By table 3 and table 4 as it can be seen that compared with riser reactor adds fluidized-bed reactor, downer reactor adds fluidized bed Reactor can slow down catalyst back-mixing etc. in riser reactor and adversely affect, and slow down while improving productivity of low carbon olefin hydrocarbon dry The increased amplitude of gas yield.Regenerative agent introduces to the concatenated fluidized-bed reactor of downer reactor fluidized bed to can be improved anti- The average activity and reaction temperature of catalyst in device are answered, heavy oil conversion rate and productivity of low carbon olefin hydrocarbon are improved.Riser reactor and Lightweight material is contacted with high temperature catalyst in its concatenated fluidized-bed reactor, be ensure that the conversion ratio of lightweight material, is improved The yield of low-carbon alkene.
Table 1
Project Raw material A
Density (20 DEG C), gram-centimeter-3 0.91
Condensation point, DEG C 34
Four components, weight %
Saturation point 72.6
Fragrance point 20.9
Colloid 6.3
Asphalitine 0.2
Element composition, weight %
Carbon 86.86
Hydrogen 12.62
Sulphur 0.46
Nitrogen 0.15
Boiling range/DEG C
Initial boiling point 271
10 weight % 362
30 weight % 406
50 weight % 437
70 weight % 466
90 weight %
Table 2
Catalyst title MMC-2
Main active component USY+ZRP
Chemical property, weight %
Al2O3 52.3
Na2O 0.072
RE2O3 0.82
Physical property
Total pore volume, ml/g 0.183
Micro pore volume, ml/g 0.024
Specific surface, rice2/ gram 143
Zeolite specific surface, rice2/ gram 50
Matrix specific surface, rice2/ gram 105
Bulk density, grams per milliliter 0.83
Micro-activity, weight % 67
Table 3 is the operation condition of embodiment 1-3 and comparative example 1
Case No Embodiment 1 Comparative example 1 Embodiment 2 Embodiment 3
Down pipe (riser) reactor
Heavy charge Raw material A Raw material A Raw material A Raw material A
Catalyst MMC-1 MMC-1 MMC-1 MMC-1
Reactor outlet temperature, DEG C 570 570 570 570
Reaction time, second 1.5 1.5 1.5 1.5
Oil ratio 12.5 12.5 12.5 12.5
First fluidized bed reactor
Weight (hourly) space velocity (WHSV), hour-1 3 3 3 3
Reaction temperature, DEG C 580 550 580 580
Settler pressure, megapascal (absolute pressure) 0.21 0.21 0.21 0.21
Riser reactor
Lightweight material / / Light petrol Light petrol
Catalyst / / MMC-1 MMC-1
Outlet temperature of riser, DEG C / / 650 650
Oil ratio / / 22 22
Reaction time, second / / 2.1 2.1
Light petrol and heavy charge weight ratio / / 0.15∶1 0.15∶1
Second fluidized bed reactor
Weight (hourly) space velocity (WHSV), hour-1 / / / 6
Reaction temperature, DEG C / / / 630
Settler pressure, megapascal (absolute pressure) / / / 0.17
Table 4 is the reaction result of embodiment 1-3 and comparative example 1

Claims (15)

1. a kind of technique of catalytic pyrolysis, the technique include:
A, the top that heavy charge is sent into downer reactor (2) and the first catalysis at the top of downer reactor (2) Catalyst for cracking contacts and from top to bottom carries out the first catalytic cracking reaction, obtains the first product and the first reclaimable catalyst;
B, the first product of gained in step a and the first reclaimable catalyst are sent into first fluidized bed reactor (3) and are urged with second Change catalyst for cracking contact and carry out the second catalytic cracking reaction, obtain the second product and the second reclaimable catalyst, by second to Raw catalyst, which is sent into regenerator (7), to be regenerated, and regenerated catalyst is obtained.

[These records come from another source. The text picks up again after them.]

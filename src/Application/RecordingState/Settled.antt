-- ===== src/Application/RecordingState/Settled.antt =====
-- The states of a finished take and of its video files fit together, as the requirements on the
-- logical database ask and as `FinishedTakeDetail::new` checks when a take is read.
use kinugasa_recording.Shared.{
  ℕ, ◌≡◌, refl, Bool, true, false, some, List, [], find, select, any, is_empty, ok, arith,
  Option-cases, inl, inr, find_holds,
}
use kinugasa_recording.Domain.Values.{TakeId}
use kinugasa_recording.Domain.Take.{
  FinishedTakeState, FinishedTake, is_uploading, is_errored, new_finished_take,
}
use kinugasa_recording.Mysql.Tables.{
  Phase, TakeRow, VideoFileRow, Db, TakeSnapshot, has_id, of_take,
}
use kinugasa_recording.Mysql.Takes.{get_take_for_update, snapshot}

abbrev pub row_uploading : VideoFileRow → Bool
row_uploading row = is_uploading row.file.state

abbrev pub row_errored : VideoFileRow → Bool
row_errored row = is_errored row.file.state

abbrev pub files_of : TakeId → Db → List VideoFileRow
files_of id db = select (of_take id) db.video_files

-- An ongoing take has no files; an uploading one has an uploading file; a completed one has files,
-- none of them uploading or errored; an errored one has no uploading file.
abbrev pub Settled : Phase → List VideoFileRow → Type 0
Settled Phase.ongoing files = files ≡ []
Settled (Phase.finished FinishedTakeState.uploading finished_at) files =
    any row_uploading files ≡ true
Settled (Phase.finished FinishedTakeState.completed finished_at) files =
    (is_empty files ≡ false) × (any row_uploading files ≡ false) × (any row_errored files ≡ false)
Settled (Phase.finished (FinishedTakeState.errored reason) finished_at) files =
    any row_uploading files ≡ false

abbrev pub IsSettledAt : Db → TakeId → Type 0
IsSettledAt db id =
    (t : TakeRow) → find (has_id id) db.takes ≡ some t → Settled t.phase (files_of id db)

-- Every take of the database is settled.
abbrev pub IsSettled : Db → Type 0
IsSettled db = (id : TakeId) → IsSettledAt db id

-- A take that still has an uploading file is ongoing in no case, and its state is `uploading`.
pub Settled-uploading :
    (phase : Phase) (files : List VideoFileRow)
    → Settled phase files
    → any row_uploading files ≡ true
    → (at : ℕ) × (phase ≡ Phase.finished FinishedTakeState.uploading at)
Settled-uploading Phase.ongoing files h e = absurd (ground (arith, h))
Settled-uploading (Phase.finished FinishedTakeState.uploading at) files h e = (at, refl)
Settled-uploading (Phase.finished FinishedTakeState.completed at) files h e = cc
Settled-uploading (Phase.finished (FinishedTakeState.errored reason) at) files h e = cc

snapshot_parts :
    (row : TakeRow) (phase : Phase) {take : FinishedTake}
    → snapshot row phase ≡ ok (TakeSnapshot.finished take)
    → (phase ≡ Phase.finished take.state take.finished_at)
      × (take.id ≡ row.id)
      × (take.session_id ≡ row.session_id)
      × (take.started_at ≡ row.started_at)
unfolding snapshot new_finished_take
snapshot_parts row Phase.ongoing h = ground arith
snapshot_parts row (Phase.finished state at) h =
    (ground arith, ground arith, ground arith, ground arith)

-- What a snapshot of a finished take says of its row.
pub snapshot-finished :
    (id : TakeId) (db : Db) {take : FinishedTake}
    → get_take_for_update id db ≡ ok (TakeSnapshot.finished take)
    → (row : TakeRow) × (find (has_id id) db.takes ≡ some row)
      × (row.phase ≡ Phase.finished take.state take.finished_at)
      × (take.id ≡ id)
      × (take.session_id ≡ row.session_id)
unfolding get_take_for_update
snapshot-finished id db {take} h = elim (Option-cases (find (has_id id) db.takes)) [
  | inl e ↦ cc
  | inr (row, e) ↦
      let (phase, same, session, _) = snapshot_parts row row.phase {take = take} (ground arith) in
      (row, e, phase, ground (arith, find_holds (has_id id) db.takes row), session)
]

2. technique according to claim 1, which further includes step c:
Lightweight material is sent into the lower part of riser reactor (10) and the third from riser reactor (10) bottom is catalyzed Catalyst for cracking contacts and carries out third catalytic cracking reaction from the bottom to top, obtains third product and third reclaimable catalyst.
3. technique according to claim 2, which further includes step d:
Gained third product and third reclaimable catalyst are sent into the second being set to above the riser reactor (10) Fluidized bed reactor (12) carries out the 4th catalytic cracking reaction, obtains the 4th product and the 4th reclaimable catalyst.

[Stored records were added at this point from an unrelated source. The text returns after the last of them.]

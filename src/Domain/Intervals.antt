-- ===== src/Domain/Intervals.antt =====
-- What the constructors with a checked interval build.
use kinugasa_recording.Shared.{◌≤◌, ◌≡◌, Text, ok, arith}
use kinugasa_recording.Domain.Values.{TakeId, SessionId, CameraIdentityId, Timestamp}
use kinugasa_recording.Domain.Take.{
  VideoFileState, VideoFile, new_video_file, FinishedTakeState, FinishedTake, new_finished_take,
}

pub new_video_file_parts :
    (id : TakeId) (camera_id : CameraIdentityId) (state : VideoFileState)
    (started finished : Timestamp) {video : VideoFile}
    → new_video_file id camera_id state started finished ≡ ok video
    → (video ≡ record {
      finished_take_id = id;
      camera_identity_id = camera_id;
      state = state;
      started_at = started;
      finished_at = finished;
    })
      × (started ≤ finished)
unfolding new_video_file
new_video_file_parts id camera_id state started finished h = (ground arith, ground arith)

pub new_finished_take_parts :
    (id : TakeId) (session_id : SessionId) (name : Text) (state : FinishedTakeState)
    (started finished : Timestamp) {take : FinishedTake}
    → new_finished_take id session_id name state started finished ≡ ok take
    → (take ≡ record {
      id = id;
      session_id = session_id;
      name = name;
      state = state;
      started_at = started;
      finished_at = finished;
    })
      × (started ≤ finished)
unfolding new_finished_take
new_finished_take_parts id session_id name state started finished h = (ground arith, ground arith)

4. technique according to claim 3, which further includes step e:
4th reclaimable catalyst is sent into catalyst blending tank (11) and at least partly regenerated catalyst from regenerator (7) The top of the downer reactor (2) is sent into after mixing as first catalytic cracking catalyst;Remainder is regenerated It is anti-that catalyst as second catalytic cracking catalyst and third catalytic cracking catalyst is respectively fed to the first fluidized bed It answers in device (3) and riser reactor (10).
5. technique according to claim 4, in step e, with left in the unit time regenerator regenerated catalyst it is total On the basis of weight, the regenerated catalyst of 10-70 weight % is sent into the catalyst blending tank, again by 30-60 weight % Raw catalyst is sent into the first fluidized bed reactor (3), and the regenerated catalyst of 0-40 weight % is sent into the riser In reactor (10).
6. technique according to claim 4, the technique further include: be sent into second product and/or the 4th product and produce Object separator (15) carries out product separation, obtains dry gas, liquefied gas, gasoline, diesel oil and slurry oil;
It is sent into the riser reactor (10) using gained gasoline and/or liquefied gas as the lightweight material and carries out described the Three catalytic cracking reactions.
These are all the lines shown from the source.